Почитание различных природных круговращений характерно для античного язычества. И хочешь не хочешь, но такое почитание обязательно низведется в итоге к культу Великой Матери Природы. То есть, по большому счету, к культу всё той же самой Кибелы в различных его — как средиземноморских, так и иных — причудливых модификациях.
Почему же этот культ обязательно должен тем или иным образом обнаруживать в себе некую темную «Кибелину сердцевину», она же — то поклонение Темной Великой Матери, которое подробно рассматривал Эрих Нойманн, этот своеобразный последователь Карла Юнга, с оригинальными построениями которого я заблаговременно ознакомил читателя именно в расчете на то, что сейчас хочу обсудить? Потому что человек очень сильно оторвался от природы. И вернуться в нее, слившись со сколь угодно благолепной, но всё равно чуждой ему природой, человек не может полностью. Наблюдая за природными круговращениями, человек обязательно задастся вопросом о том, что находится в сердцевине этих круговращений. Он на то и человек, чтобы задаваться такими вопросами. А задаваясь ими — начать запрыгивать в эту самую сердцевину.
С тем, как это делается, я ознакомил читателя опять же в самом начале своей работы, подробно процитировав «Волшебную гору» Томаса Манна. Конкретно — сон главного героя Ганса Касторпа. В этом сне герою снится невероятно благостный античный греческий мир, в котором красивые люди и спортом занимаются, и гимны слагают, и передают свои светлые традиции детям. Но продолжая двигаться с этой благолепной периферии в тайную сердцевину того же античного мира, Ганс Касторп обнаруживает безобразных старух, которые свирепо людоедствуют в тайном храме, разрывая на части ребенка и отвратительно ругаясь в адрес нежданного гостя, посетившего храм. Причем ругаются они на родном для Касторпа немецком языке.

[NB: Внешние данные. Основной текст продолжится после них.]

-- ===== src/Session/Input/Mirror.antt =====
-- app/src/webrtc/input.cpp: what the server makes of the messages for one controller.
use mathlib.Core.List.{append_assoc}
use booster_nx.Common.{
  ℕ, zero, suc, ◌+◌, ◌≡◌, refl, ap, sym, ◌∙◌, Bool, true, false, ◌||◌, List, [], ◌∷◌, ◌++◌, length,
  length-append, set, ◌==◌, arith, Bool-cases, inl, inr, if◌then◌else◌,
}
use booster_nx.Common.Int.{ℤ, pos, negsuc, ◌-ℤ◌, ltb_ℤ, int_laws}
use booster_nx.Session.Input.{
  Message, connected_as, disconnected, button, axis, pad, ControllerState, has_moved,
  update_buttons, update_axes, update,
}

-- The state of a controller as the server sees it.
pub record View : Type 0 where
  pub buttons : List Bool
  pub axes : List ℤ
  pub hat : ℕ

abbrev pub receive : View → Message → View
receive v (connected_as name) = v
receive v (disconnected id) = v
receive v (button id i b) = record v { buttons = set v.buttons i b }
receive v (axis id i a) = record v { axes = set v.axes i a }
receive v (pad id h) = record v { hat = h }

abbrev pub receive_all : View → List Message → View
receive_all v [] = v
receive_all v (m ∷ ms) = receive_all (receive v m) ms

receive_all-append :
    (v : View) (ms ns : List Message) → receive_all v (ms ++ ns) ≡ receive_all (receive_all v ms) ns
receive_all-append v [] ns = refl
receive_all-append v (m ∷ ms) ns = receive_all-append (receive v m) ms ns

set-append {ℓ} :
    {A : Type ℓ} (i : ℕ) (pre : List A) (x y : A) (xs : List A)
    → i ≡ length pre
    → set (pre ++ (x ∷ xs)) i y ≡ pre ++ (y ∷ xs)
set-append zero [] x y xs e = refl
set-append zero (p ∷ pre) x y xs e = absurd (omega (arith, e))
set-append (suc i) [] x y xs e = absurd (omega (arith, e))
set-append (suc i) (p ∷ pre) x y xs e = ap (λ l. p ∷ l) (set-append i pre x y xs (omega (arith, e)))

-- A view whose buttons from the index on are the last ones is brought up to date.
receive-update_buttons :
    (id : ℤ) (bs ls pre : List Bool) (i : ℕ) (v : View)
    → i ≡ length pre
    → v.buttons ≡ pre ++ ls
    → receive_all v (update_buttons id i ls bs).1
      ≡ record v { buttons = pre ++ (update_buttons id i ls bs).0 }
unfolding update_buttons
receive-update_buttons id bs [] pre i v n e = ap (λ l. record v { buttons = l }) e
receive-update_buttons id [] (l ∷ ls) pre i v n e = ap (λ l. record v { buttons = l }) e
receive-update_buttons id (true ∷ bs) (true ∷ ls) pre i v n e =
    receive-update_buttons id bs ls (pre ++ (true ∷ [])) (i + 1) v
      (omega (arith, n, length-append pre (true ∷ []))) (e ∙ sym (append_assoc pre (true ∷ []) ls))
    ∙ ap (λ k. record v { buttons = k })
        (append_assoc pre (true ∷ []) (update_buttons id (i + 1) ls bs).0)
receive-update_buttons id (false ∷ bs) (true ∷ ls) pre i v n e =
    receive-update_buttons id bs ls (pre ++ (false ∷ [])) (i + 1)
      (record v { buttons = set v.buttons i false })
      (omega (arith, n, length-append pre (false ∷ [])))
      (ap (λ k. set k i false) e
        ∙ set-append i pre true false ls n
        ∙ sym (append_assoc pre (false ∷ []) ls))
    ∙ ap (λ k. record v { buttons = k })
        (append_assoc pre (false ∷ []) (update_buttons id (i + 1) ls bs).0)
receive-update_buttons id (true ∷ bs) (false ∷ ls) pre i v n e =
    receive-update_buttons id bs ls (pre ++ (true ∷ [])) (i + 1)
      (record v { buttons = set v.buttons i true })
      (omega (arith, n, length-append pre (true ∷ [])))
      (ap (λ k. set k i true) e
        ∙ set-append i pre false true ls n
        ∙ sym (append_assoc pre (true ∷ []) ls))
    ∙ ap (λ k. record v { buttons = k })
        (append_assoc pre (true ∷ []) (update_buttons id (i + 1) ls bs).0)
receive-update_buttons id (false ∷ bs) (false ∷ ls) pre i v n e =
    receive-update_buttons id bs ls (pre ++ (false ∷ [])) (i + 1) v
      (omega (arith, n, length-append pre (false ∷ [])))
      (e ∙ sym (append_assoc pre (false ∷ []) ls))
    ∙ ap (λ k. record v { buttons = k })
        (append_assoc pre (false ∷ []) (update_buttons id (i + 1) ls bs).0)

-- The same for the axes.
receive-update_axes :
    (id : ℤ) (news ls pre : List ℤ) (i : ℕ) (v : View)
    → i ≡ length pre
    → v.axes ≡ pre ++ ls
    → receive_all v (update_axes id i ls news).1
      ≡ record v { axes = pre ++ (update_axes id i ls news).0 }
unfolding update_axes
receive-update_axes id news [] pre i v n e = ap (λ l. record v { axes = l }) e
receive-update_axes id [] (l ∷ ls) pre i v n e = ap (λ l. record v { axes = l }) e
receive-update_axes id (a ∷ news) (l ∷ ls) pre i v n e = elim (Bool-cases (has_moved a l)) [
  | inl moved ↦ rw moved (
      receive-update_axes id news ls (pre ++ (a ∷ [])) (i + 1) (record v { axes = set v.axes i a })
        (omega (arith, n, length-append pre (a ∷ [])))
        (ap (λ k. set k i a) e ∙ set-append i pre l a ls n ∙ sym (append_assoc pre (a ∷ []) ls))
      ∙ ap (λ k. record v { axes = k })
          (append_assoc pre (a ∷ []) (update_axes id (i + 1) ls news).0))
  | inr still ↦ rw still (
      receive-update_axes id news ls (pre ++ (l ∷ [])) (i + 1) v
        (omega (arith, n, length-append pre (l ∷ []))) (e ∙ sym (append_assoc pre (l ∷ []) ls))
      ∙ ap (λ k. record v { axes = k })
          (append_assoc pre (l ∷ []) (update_axes id (i + 1) ls news).0))
]

-- All buttons are taken over, and no axis stays further than the threshold from its new value.
abbrev pub AreNear : List ℤ → List ℤ → Type 0
AreNear [] [] = Unit {0}
AreNear (x ∷ xs) (a ∷ rest) = (has_moved a x ≡ false) × AreNear xs rest
AreNear xs rest = ⊥

buttons-update_buttons :
    (id : ℤ) (i : ℕ) (ls bs : List Bool)
    → length ls ≡ length bs
    → (update_buttons id i ls bs).0 ≡ bs
unfolding update_buttons
buttons-update_buttons id i [] [] e = refl
buttons-update_buttons id i [] (b ∷ bs) e = absurd (omega (arith, e))
buttons-update_buttons id i (l ∷ ls) [] e = absurd (omega (arith, e))
buttons-update_buttons id i (l ∷ ls) (b ∷ bs) e =
    ap (λ k. b ∷ k) (buttons-update_buttons id (i + 1) ls bs (omega (arith, e)))

has_moved_same : (a : ℤ) → has_moved a a ≡ false
has_moved_same a = ap (λ d. ltb_ℤ (pos 1200) d || ltb_ℤ d (negsuc 1199)) (no_change a)
  where
    no_change : (b : ℤ) → b -ℤ b ≡ pos 0
    no_change b = omega int_laws

update_axes-AreNear :
    (id : ℤ) (i : ℕ) (ls news : List ℤ)
    → length ls ≡ length news
    → AreNear (update_axes id i ls news).0 news
unfolding update_axes
update_axes-AreNear id i [] [] e = tt
update_axes-AreNear id i [] (a ∷ news) e = absurd (omega (arith, e))
update_axes-AreNear id i (l ∷ ls) [] e = absurd (omega (arith, e))
update_axes-AreNear id i (l ∷ ls) (a ∷ news) e = elim (Bool-cases (has_moved a l)) [
  | inl moved ↦
      rw moved (has_moved_same a, update_axes-AreNear id (i + 1) ls news (omega (arith, e)))
  | inr still ↦ rw still (still, update_axes-AreNear id (i + 1) ls news (omega (arith, e)))
]

-- The server's view is what the session has noted down.
abbrev pub IsMirror : View → ControllerState → Type 0
IsMirror v c = (v.buttons ≡ c.last_buttons) × (v.axes ≡ c.last_axes) × (v.hat ≡ c.last_hat)

-- The server knows these buttons and this hat, and these axes within the threshold.
abbrev pub Knows : View → List Bool → List ℤ → ℕ → Type 0
Knows v buttons axes hat = (v.buttons ≡ buttons) × AreNear v.axes axes × (v.hat ≡ hat)

receive-pad :
    (id : ℤ) (v : View) (last hat : ℕ)
    → v.hat ≡ last
    → receive_all v (if last == hat then [] else pad id hat ∷ []) ≡ record v { hat = hat }
receive-pad id v last hat e = elim (Bool-cases (last == hat)) [
  | inl same ↦ rw same (ap (λ h. record v { hat = h }) (ground (arith, e, same)))
  | inr differ ↦ rw differ refl
]

receive-update :
    (c : ControllerState) (v : View) (buttons : List Bool) (axes : List ℤ) (hat : ℕ)
    → c.connected ≡ true
    → IsMirror v c
    → receive_all v (update c buttons axes hat).1 ≡ record {
      buttons = (update_buttons c.server_id 0 c.last_buttons buttons).0;
      axes = (update_axes c.server_id 0 c.last_axes axes).0;
      hat = hat;
    }
receive-update c v buttons axes hat on h =
    ap
      (λ b.
        receive_all v
          (if◌then◌else◌ {A = ControllerState × List Message} b
            (record c { last_buttons = bs; last_axes = xs; last_hat = hat }, m₁ ++ (m₂ ++ m₃))
            (c, [])).1)
      on
    ∙ receive_all-append v m₁ (m₂ ++ m₃)
    ∙ receive_all-append (receive_all v m₁) m₂ m₃
    ∙ ap (λ w. receive_all (receive_all w m₂) m₃)
        (receive-update_buttons c.server_id buttons c.last_buttons [] 0 v refl h.0)
    ∙ ap (λ w. receive_all w m₃)
        (receive-update_axes c.server_id axes c.last_axes [] 0 (record v { buttons = bs }) refl h.1)
    ∙ receive-pad c.server_id (record v { buttons = bs; axes = xs }) c.last_hat hat h.2
  where
    bs : List Bool
    bs = (update_buttons c.server_id 0 c.last_buttons buttons).0

    xs : List ℤ
    xs = (update_axes c.server_id 0 c.last_axes axes).0

    m₁ : List Message
    m₁ = (update_buttons c.server_id 0 c.last_buttons buttons).1

    m₂ : List Message
    m₂ = (update_axes c.server_id 0 c.last_axes axes).1

    m₃ : List Message
    m₃ = if c.last_hat == hat then [] else pad c.server_id hat ∷ []

-- When the server's view of a connected controller is what the session has noted down, then after an
-- update it is so again, and the server knows every button and the hat exactly and every axis within
-- the threshold, although only changes are sent.
pub update-Knows :
    (c : ControllerState) (v : View) (buttons : List Bool) (axes : List ℤ) (hat : ℕ)
    → c.connected ≡ true
    → IsMirror v c
    → length c.last_buttons ≡ length buttons
    → length c.last_axes ≡ length axes
    → let w = receive_all v (update c buttons axes hat).1 in
      IsMirror w (update c buttons axes hat).0 × Knows w buttons axes hat
update-Knows c v buttons axes hat on h lb la =
    rw (receive-update c v buttons axes hat on h, on)
      (
        (refl, refl, refl),
        (
          buttons-update_buttons c.server_id 0 c.last_buttons buttons lb,
          update_axes-AreNear c.server_id 0 c.last_axes axes la,
          refl,
        ),
      )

Кибела, она же — Темная Великая Мать Нойманна, — это и есть метафизическая сердцевина умилительно красивой и гармоничной метафизической периферии античного мира с его бесконечной влюбленностью в природу. Тут всё поразительным образом напоминает — и это мы тоже обсуждали с читателем, так сказать, по касательной, то есть без тех расстановок точек над i, которыми я сейчас хочу заняться, — гротескное комическое описание женщин в водевиле Чехова «Медведь».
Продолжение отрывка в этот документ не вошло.